# Going stir crazy w bettas



## devasta (Oct 1, 2020)

I think this is an overkill but really diggin the variety of colors with the betta posse


----------



## RussellTheShihTzu (Mar 19, 2013)

You're not keeping males and females together, are you. And just so's you know, if you have females together the minimum tank size is a 10 with five females-only. Heavily planted to break up lines of sight and chase. Each girl needs a space to claim as here own "territory."

The male in the last photo is lovely; can't tell about Flamer as he's not got his fins open.


----------



## devasta (Oct 1, 2020)

got a 5 and 2.5 gallon . In the 5 gallon is one male /3 females and in 2.5 gallon is just one (flamer) which is a vicious one. If the pair up doesnt work out than will break em up


----------



## RussellTheShihTzu (Mar 19, 2013)

Sad to say, you might not know it's not working out until you find your male dead. Sexually mature females kept with one male have been known to take their aggression out that male and kill him. Often time over night when the tank is dark. That is why it is recommended to never keep males and females together except during breeding; and then you remove the female when the mating is done.

And, actually, Betta aren't "vicious." They are territorial as nature intended. Some are more territorial than others.


----------



## devasta (Oct 1, 2020)

RussellTheShihTzu said:


> Sad to say, you might not know it's not working out until you find your male dead. Sexually mature females kept with one male have been known to take their aggression out that male and kill him. Often time over night when the tank is dark. That is why it is recommended to never keep males and females together except during breeding; and then you remove the female when the mating is done.
> 
> And, actually, Betta aren't "vicious." They are territorial as nature intended. Some are more territorial than others.

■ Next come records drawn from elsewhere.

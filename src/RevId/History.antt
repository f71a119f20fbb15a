-- ===== src/RevId/History.antt =====
-- Source/CBL_RevID.m: `makeRevisionHistoryDict:` and `parseRevisionHistoryDict:`.
use couchbase_lite_ios.Base.{
  ℕ, zero, suc, ◌-◌, ◌≡◌, refl, ap, ◌∙◌, inl, inr, ◌⊎◌, Option, none, some, List, [], ◌∷◌, ◌++◌,
  map, ◌==◌, if◌then◌else◌, All, arith, Bool-cases, ==_iff,
}
use couchbase_lite_ios.Base.Bytes.{Bytes}
use couchbase_lite_ios.Base.Collections.{CollectionUtils, map_block}
use couchbase_lite_ios.Base.Int.{pos, negsuc}
use couchbase_lite_ios.RevId.{
  TreeRevId, string, as_string, make_from, history_dict, make_revision_history_dict, parse_item,
  parse_revision_history_dict,
}
use couchbase_lite_ios.RevId.Canonical.{
  IsCanonical, generation-IsCanonical, suffix-IsCanonical, as_string-IsCanonical,
  format_int-IsCanonical,
}
use mathlib.Core.Option
use mathlib.Core.Path.{subst}
use mathlib.Core.List.{append_assoc, append-nil}

pub record IsTreeId (r : TreeRevId) : Type 0 where
  pub gen : ℕ
  pub rest : Bytes
  pub canonical : IsCanonical r gen rest

-- Revision IDs of the generations n, n - 1 and so on, with their suffixes.
data Run : ℕ → List TreeRevId → List Bytes → Type 0 where
  done : {n : ℕ} → Run n [] []
  more :
      {n : ℕ} {r : TreeRevId} {s : Bytes} {rs : List TreeRevId} {ss : List Bytes}
      → IsCanonical r (suc n) s
      → Run n rs ss
      → Run (suc n) (r ∷ rs) (s ∷ ss)

parse_item-IsCanonical :
    {n : ℕ} {r : TreeRevId} {s : Bytes}
    → IsCanonical r (suc n) s
    → parse_item (pos (suc n)) (string s) ≡ (pos n, some r)
unfolding parse_item
parse_item-IsCanonical c = rw (format_int-IsCanonical c) (ground arith)

map_block-Run :
    {n : ℕ} {rs : List TreeRevId} {ss : List Bytes}
    → Run n rs ss
    → map_block parse_item (pos n) (map string ss) ≡ rs
map_block-Run done = refl
map_block-Run (more {r} c run) = rw (parse_item-IsCanonical c) (ap (◌∷◌ r) (map_block-Run run))

map_block-full : (rs : List TreeRevId) → map_block parse_item (pos 0) (map string rs) ≡ rs
unfolding parse_item
map_block-full [] = refl
map_block-full (r ∷ rs) = ap (◌∷◌ r) (map_block-full rs)

map_block-as_string :
    (rs : List TreeRevId)
    → All IsTreeId rs
    → map_block (λ (t : Unit {0}) r. (t, Option.map string (as_string r))) tt rs ≡ map string rs
map_block-as_string [] h = refl
map_block-as_string (r ∷ rs) h =
    rw (as_string-IsCanonical h.0.canonical) (ap (◌∷◌ (string r)) (map_block-as_string rs h.1))

module _ {r : TreeRevId} {gen : ℕ} {s : Bytes} (c : IsCanonical r gen s) where
  make_from-first :
      (rs : List TreeRevId)
      → make_from [] none (negsuc 0) (r ∷ rs) ≡ make_from (s ∷ []) (some gen) (pos gen) rs
  unfolding make_from
  make_from-first rs = ground (arith, suffix-IsCanonical c, generation-IsCanonical c, c.gen_pos)

  make_from-next :
      (rs : List TreeRevId) (suffixes : List Bytes) (start n : ℕ)
      → make_from suffixes (some start) (pos (suc n)) (r ∷ rs) ≡ (
          if gen == n
          then make_from (suffixes ++ s ∷ []) (some start) (pos gen) rs
          else (none, suffixes))
  unfolding make_from
  make_from-next rs suffixes start n =
      rw (suffix-IsCanonical c, make_from, generation-IsCanonical c) (ground (arith, c.gen_pos))

step :
    {r : TreeRevId} {n : ℕ} {s : Bytes} (rs : List TreeRevId) (suffixes : List Bytes) (start : ℕ)
    → IsCanonical r (suc n) s
    → make_from suffixes (some start) (pos (suc (suc n))) (r ∷ rs)
      ≡ make_from (suffixes ++ s ∷ []) (some start) (pos (suc n)) rs
step {n} rs suffixes start c = ground (arith, make_from-next c rs suffixes start (suc n))

-- What the loop leaves, once `start` is set and the last generation was n + 1.
abbrev Outcome : ℕ → ℕ → List Bytes → List TreeRevId → Option ℕ × List Bytes → Type 0
Outcome start n suffixes rs result =
    (result.0 ≡ none) ⊎ ((ss : List Bytes) × (result ≡ (some start, suffixes ++ ss)) × Run n rs ss)

make_from-same :
    {r : TreeRevId} {n : ℕ} {s : Bytes} (rs : List TreeRevId) (suffixes : List Bytes) (start : ℕ)
    → IsCanonical r (suc n) s
    → Outcome start n
        (suffixes ++ s ∷ [])
        rs
        (make_from (suffixes ++ s ∷ []) (some start) (pos (suc n)) rs)
    → Outcome start
        (suc n)
        suffixes
        (r ∷ rs)
        (make_from suffixes (some start) (pos (suc (suc n))) (r ∷ rs))
make_from-same {r} {n} {s} rs suffixes start c (inl e) =
    inl (ap (λ t. t.0) (step rs suffixes start c) ∙ e)
make_from-same {r} {n} {s} rs suffixes start c (inr (ss, e, run)) =
    inr (s ∷ ss, step rs suffixes start c ∙ e ∙ rw append_assoc, more c run)

make_from-Outcome :
    (rs : List TreeRevId) (suffixes : List Bytes) (start n : ℕ)
    → All IsTreeId rs
    → Outcome start n suffixes rs (make_from suffixes (some start) (pos (suc n)) rs)
make_from-Outcome [] suffixes start n h = inr ([], unfold make_from in rw append-nil, done)
make_from-Outcome (r ∷ rs) suffixes start zero h =
    inl (
      rw (make_from-next h.0.canonical rs suffixes start 0) (ground (arith, h.0.canonical.gen_pos)))
make_from-Outcome (r ∷ rs) suffixes start (suc n) h = elim (Bool-cases (h.0.gen == suc n)) [
  | inl same ↦
      make_from-same rs suffixes start
        (subst (λ g. IsCanonical r g h.0.rest) ((==_iff _ _).0 same) h.0.canonical)
        (make_from-Outcome rs (suffixes ++ h.0.rest ∷ []) start n h.1)
  | inr differ ↦ inl (rw (make_from-next h.0.canonical rs suffixes start (suc n), differ) refl)
]

module _ (u : CollectionUtils) where
  open u use {my_map, my_map_lem}

  read-full :
      (history : List TreeRevId) (suffixes : List Bytes)
      → All IsTreeId history
      → parse_revision_history_dict u (some (history_dict u history (none, suffixes)))
        ≡ some history
  unfolding parse_revision_history_dict history_dict
  read-full history suffixes h =
      ap some (simp (my_map_lem, map_block-as_string history h) (map_block-full history))

  read-Run :
      {n : ℕ} (history : List TreeRevId) (ss : List Bytes)
      → Run n history ss
      → parse_revision_history_dict u (some (history_dict u history (some n, ss))) ≡ some history
  unfolding parse_revision_history_dict history_dict
  read-Run history ss run = ap some (my_map_lem _ _ _ _ _ _ ∙ map_block-Run run)

  read-Outcome :
      {r : TreeRevId} {n : ℕ} {s : Bytes} (rs : List TreeRevId) (result : Option ℕ × List Bytes)
      → IsCanonical r (suc n) s
      → All IsTreeId (r ∷ rs)
      → Outcome (suc n) n (s ∷ []) rs result
      → parse_revision_history_dict u (some (history_dict u (r ∷ rs) result)) ≡ some (r ∷ rs)
  read-Outcome {r} rs (start, suffixes) c h (inl e) = rw e (read-full (r ∷ rs) suffixes h)
  read-Outcome {r} {n} {s} rs result c h (inr (ss, e, run)) =
      rw e (read-Run (r ∷ rs) (s ∷ ss) (more c run))

  read-cons :
      {r : TreeRevId} {n : ℕ} {s : Bytes} (rs : List TreeRevId)
      → IsCanonical r (suc n) s
      → All IsTreeId (r ∷ rs)
      → parse_revision_history_dict u (make_revision_history_dict u (some (r ∷ rs))) ≡ some (r ∷ rs)
  unfolding make_revision_history_dict
  read-cons {n} {s} rs c h =
      rw (make_from-first c rs)
        (read-Outcome rs _ c h (make_from-Outcome rs (s ∷ []) (suc n) n h.1))

  -- A history of revision IDs that the program writes comes back unchanged from its `_revisions`
  -- dictionary, whether or not its generations descend one by one.
  pub parse-make :
      (history : List TreeRevId)
      → All IsTreeId history
      → parse_revision_history_dict u (make_revision_history_dict u (some history)) ≡ some history
  parse-make [] h = unfold make_revision_history_dict make_from in read-full [] [] h
  parse-make (r ∷ rs) h =
      read-cons {n = h.0.gen - 1} rs
        (subst (λ g. IsCanonical r g h.0.rest) (omega (arith, h.0.canonical.gen_pos)) h.0.canonical)
        h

oh no. I m staring to notice that the male (pebbles) in the 5 gallon become less active and always stays in the bottom or by the heater while other females are roaming freely. Is this a sign? I m thinking of just removing the 2 females ( snowflake and blueberry) to the 2.5 tank and get rid of flamer.


----------



## BettaloverSara (Oct 15, 2020)

I think the combinations you have might be difficult in any tank but I also think they are a bit over crowded. You might be better to put the 3 females in the 5 gal and the male in the 2.5, tho 5 gal is still probably too small for a sorority tank. I e never had a sorority tank so I’m not 100% sure but I know they can be a tricky balance sometimes.
Are you trying to breed them? Is that why you are having males and females together? If you just like the look of the fish together than you should probably invest in a bigger tank and research some other fish breeds. There are plenty of fish that can live well with bettas in the right tank. ☺


----------



## BettaloverSara (Oct 15, 2020)

I just realized you have two males...I think you definitely need another tank or less fish.


----------



## RussellTheShihTzu (Mar 19, 2013)

You need to skip the idea of a sorority unless you get that 10 gallon and two more females or you will have them killing or severely injuring each other.


----------



## devasta (Oct 1, 2020)

just swapped the male (pebbles) to the 2.5 tank w a neon tetra and the boy seems happier  so as for the 5 gallon there just 3 females and they seem to be more at peace with each other.


----------



## BettaloverSara (Oct 15, 2020)

Neon tetras are schooling fish and also can be fin nippers. One betta and a neon in a 2.5 gallon tank is not a good combo either. Do you have another tank that the neon came from? He needs friends that aren’t a betta, like 5 of them at least. In a 2.5 Gal tank your male betta should not have any tank mates. It is suitable for him if you do lots of water changes but not big enough for a tank mate.


----------



## devasta (Oct 1, 2020)




----------



## BettaloverSara (Oct 15, 2020)

Just trying to help you not lose your fish 🤷‍♀️


----------



## RussellTheShihTzu (Mar 19, 2013)

The driving purpose of a forum (at least this one), should be to educate. A person may not like the information they receive, especially when they are told they are doing something wrong, but what's best for the fish should always be more important that an owner's feelings.

BettaloverSara is correct. Neons are shoaling fish. They require not only at least six members to their shoal but they also need a tank that is a minimum of 24" x 12". The size of the tank and shoal are _not_ based on opinion; they are from actual species studies.

If we don't provide our pets with what they require, we sentence them to a stress-filled, short, less healthy life....no matter how "happy" an owner may think they appear.

FWIW, I think it's great that you moved your Betta around. That's a commendable first step. But you have a ways to go so all of them are with you for their natural lifespan.


----------